======== Working data

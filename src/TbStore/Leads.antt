-- ===== src/TbStore/Leads.antt =====
-- exec/src/tb_store.rs: where the host jumps to a block lead once the block is invalidated.
use tcg_rs.Base.{ℕ, ◌+◌, ◌≤◌, ◌≡◌, List, Option, none, some, ◌⊎◌, All}
use tcg_rs.Tb.{TranslationBlock}
use tcg_rs.TbStore.{TbStore, Host}
use tcg_rs.TbStore.Patches.{reset_patch}

-- A way to read where the jump at an offset leads. A jump is five bytes, and `patch_jump` changes no
-- other: a jump that lies wholly before or behind it leads where it led.
pub record IsJumpCode (host : Host) (leads : host.Code → ℕ → ℕ) : Type 0 where
  pub patched : (code : host.Code) (jmp dst : ℕ) → leads (host.patch_jump code jmp dst) jmp ≡ dst
  pub apart :
      (code : host.Code) (jmp dst place : ℕ)
      → (jmp + 5 ≤ place) ⊎ (place + 5 ≤ jmp)
      → leads (host.patch_jump code jmp dst) place ≡ leads code place

-- A jump is the one at `jmp` that is reset to `reset`, or does not overlap it.
abbrev pub IsApart : ℕ → ℕ → Option (ℕ × ℕ) → Type 0
IsApart jmp reset none = Unit
IsApart jmp reset (some p) = ((p.0 ≡ jmp) × (p.1 ≡ reset)) ⊎ ((p.0 + 5 ≤ jmp) ⊎ (jmp + 5 ≤ p.0))

abbrev pub AreApart : List TranslationBlock → ℕ → ℕ → List (ℕ × ℕ) → Type 0
AreApart tbs jmp reset = All (λ e. IsApart jmp reset (reset_patch tbs e.0 e.1))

================

→ **What is expected**
For each record above, print an exact copy.

→ **Task response**
filename src/TbStore/Leads.antt
-- ===== src/TbStore/Leads.antt =====
-- exec/src/tb_store.rs: where the host jumps to a block lead once the block is invalidated.
use tcg_rs.Base.{ℕ, ◌+◌, ◌≤◌, ◌≡◌, List, Option, none, some, ◌⊎◌, All}
use tcg_rs.Tb.{TranslationBlock}
use tcg_rs.TbStore.{TbStore, Host}
use tcg_rs.TbStore.Patches.{reset_patch}

-- A way to read where the jump at an offset leads. A jump is five bytes, and `patch_jump` changes no
-- other: a jump that lies wholly before or behind it leads where it led.
pub record IsJumpCode (host : Host) (leads : host.Code → ℕ → ℕ) : Type 0 where
  pub patched : (code : host.Code) (jmp dst : ℕ) → leads (host.patch_jump code jmp dst) jmp ≡ dst
  pub apart :
      (code : host.Code) (jmp dst place : ℕ)
      → (jmp + 5 ≤ place) ⊎ (place + 5 ≤ jmp)
      → leads (host.patch_jump code jmp dst) place ≡ leads code place

-- A jump is the one at `jmp` that is reset to `reset`, or does not overlap it.
abbrev pub IsApart : ℕ → ℕ → Option (ℕ × ℕ) → Type 0
IsApart jmp reset none = Unit
IsApart jmp reset (some p) = ((p.0 ≡ jmp) × (p.1 ≡ reset)) ⊎ ((p.0 + 5 ≤ jmp) ⊎ (jmp + 5 ≤ p.0))

abbrev pub AreApart : List TranslationBlock → ℕ → ℕ → List (ℕ × ℕ) → Type 0
AreApart tbs jmp reset = All (λ e. IsApart jmp reset (reset_patch tbs e.0 e.1))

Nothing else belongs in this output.